-------- EXERCISE INPUT --------

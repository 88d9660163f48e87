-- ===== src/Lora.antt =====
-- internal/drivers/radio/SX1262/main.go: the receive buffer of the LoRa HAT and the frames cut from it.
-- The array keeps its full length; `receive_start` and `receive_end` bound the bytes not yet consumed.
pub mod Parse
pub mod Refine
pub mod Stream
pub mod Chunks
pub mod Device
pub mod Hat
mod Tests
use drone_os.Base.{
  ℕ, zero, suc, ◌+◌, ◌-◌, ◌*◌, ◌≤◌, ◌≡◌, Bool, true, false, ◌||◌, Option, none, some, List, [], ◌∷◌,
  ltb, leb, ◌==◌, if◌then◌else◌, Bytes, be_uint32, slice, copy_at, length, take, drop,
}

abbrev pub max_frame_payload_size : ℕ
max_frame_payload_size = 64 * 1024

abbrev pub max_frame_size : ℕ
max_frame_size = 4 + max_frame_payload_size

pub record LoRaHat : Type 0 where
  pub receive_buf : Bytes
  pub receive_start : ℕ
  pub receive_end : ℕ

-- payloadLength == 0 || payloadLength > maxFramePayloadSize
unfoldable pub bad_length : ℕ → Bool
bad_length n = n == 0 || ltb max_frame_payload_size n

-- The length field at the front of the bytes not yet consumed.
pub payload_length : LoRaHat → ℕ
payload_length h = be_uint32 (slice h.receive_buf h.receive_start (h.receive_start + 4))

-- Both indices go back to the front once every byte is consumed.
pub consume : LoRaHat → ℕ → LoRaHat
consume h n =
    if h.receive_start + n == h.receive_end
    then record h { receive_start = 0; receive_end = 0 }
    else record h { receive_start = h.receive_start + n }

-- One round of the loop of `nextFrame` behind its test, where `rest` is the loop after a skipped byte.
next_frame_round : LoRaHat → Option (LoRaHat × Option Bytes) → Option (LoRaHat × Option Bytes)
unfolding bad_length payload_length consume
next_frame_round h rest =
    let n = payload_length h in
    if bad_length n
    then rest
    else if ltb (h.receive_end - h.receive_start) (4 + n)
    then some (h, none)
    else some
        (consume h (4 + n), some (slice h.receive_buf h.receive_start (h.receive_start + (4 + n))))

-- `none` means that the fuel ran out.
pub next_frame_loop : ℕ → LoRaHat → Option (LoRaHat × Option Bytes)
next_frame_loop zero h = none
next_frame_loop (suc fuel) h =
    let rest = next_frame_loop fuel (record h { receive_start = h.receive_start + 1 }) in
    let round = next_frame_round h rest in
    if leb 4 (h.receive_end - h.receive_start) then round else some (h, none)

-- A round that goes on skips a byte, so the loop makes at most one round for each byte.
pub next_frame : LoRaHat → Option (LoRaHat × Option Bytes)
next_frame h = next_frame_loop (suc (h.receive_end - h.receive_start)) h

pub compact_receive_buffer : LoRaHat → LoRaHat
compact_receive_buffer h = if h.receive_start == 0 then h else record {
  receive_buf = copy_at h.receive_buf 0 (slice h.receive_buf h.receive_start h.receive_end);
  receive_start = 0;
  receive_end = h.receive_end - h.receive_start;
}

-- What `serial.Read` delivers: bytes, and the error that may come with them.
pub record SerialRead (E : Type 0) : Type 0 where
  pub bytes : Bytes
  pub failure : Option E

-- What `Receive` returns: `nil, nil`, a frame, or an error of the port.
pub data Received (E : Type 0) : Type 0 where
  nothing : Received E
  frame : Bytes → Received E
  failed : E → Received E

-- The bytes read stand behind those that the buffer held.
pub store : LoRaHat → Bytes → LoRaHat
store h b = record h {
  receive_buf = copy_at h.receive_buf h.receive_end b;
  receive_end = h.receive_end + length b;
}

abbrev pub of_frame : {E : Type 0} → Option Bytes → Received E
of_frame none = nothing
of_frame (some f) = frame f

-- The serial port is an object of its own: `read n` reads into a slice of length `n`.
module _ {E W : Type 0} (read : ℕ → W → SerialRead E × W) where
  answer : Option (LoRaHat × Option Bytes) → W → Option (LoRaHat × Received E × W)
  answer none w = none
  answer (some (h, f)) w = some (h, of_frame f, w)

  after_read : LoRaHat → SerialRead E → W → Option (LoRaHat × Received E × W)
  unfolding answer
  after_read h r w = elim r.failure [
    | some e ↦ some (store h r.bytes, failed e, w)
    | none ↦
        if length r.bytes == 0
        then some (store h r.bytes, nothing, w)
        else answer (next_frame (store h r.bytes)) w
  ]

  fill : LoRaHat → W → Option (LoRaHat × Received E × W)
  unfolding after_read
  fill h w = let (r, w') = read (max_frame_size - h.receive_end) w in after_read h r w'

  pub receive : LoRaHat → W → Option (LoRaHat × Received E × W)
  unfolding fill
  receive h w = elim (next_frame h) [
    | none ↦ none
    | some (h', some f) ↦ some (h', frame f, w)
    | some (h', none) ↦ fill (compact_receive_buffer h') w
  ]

--------

WHAT THIS TASK INVOLVES: Look above for the line with "receive h w", then copy it and each later line exactly, stopping at the last line of the records.

SOLUTION:
  receive h w = elim (next_frame h) [
    | none ↦ none
    | some (h', some f) ↦ some (h', frame f, w)
    | some (h', none) ↦ fill (compact_receive_buffer h') w
  ]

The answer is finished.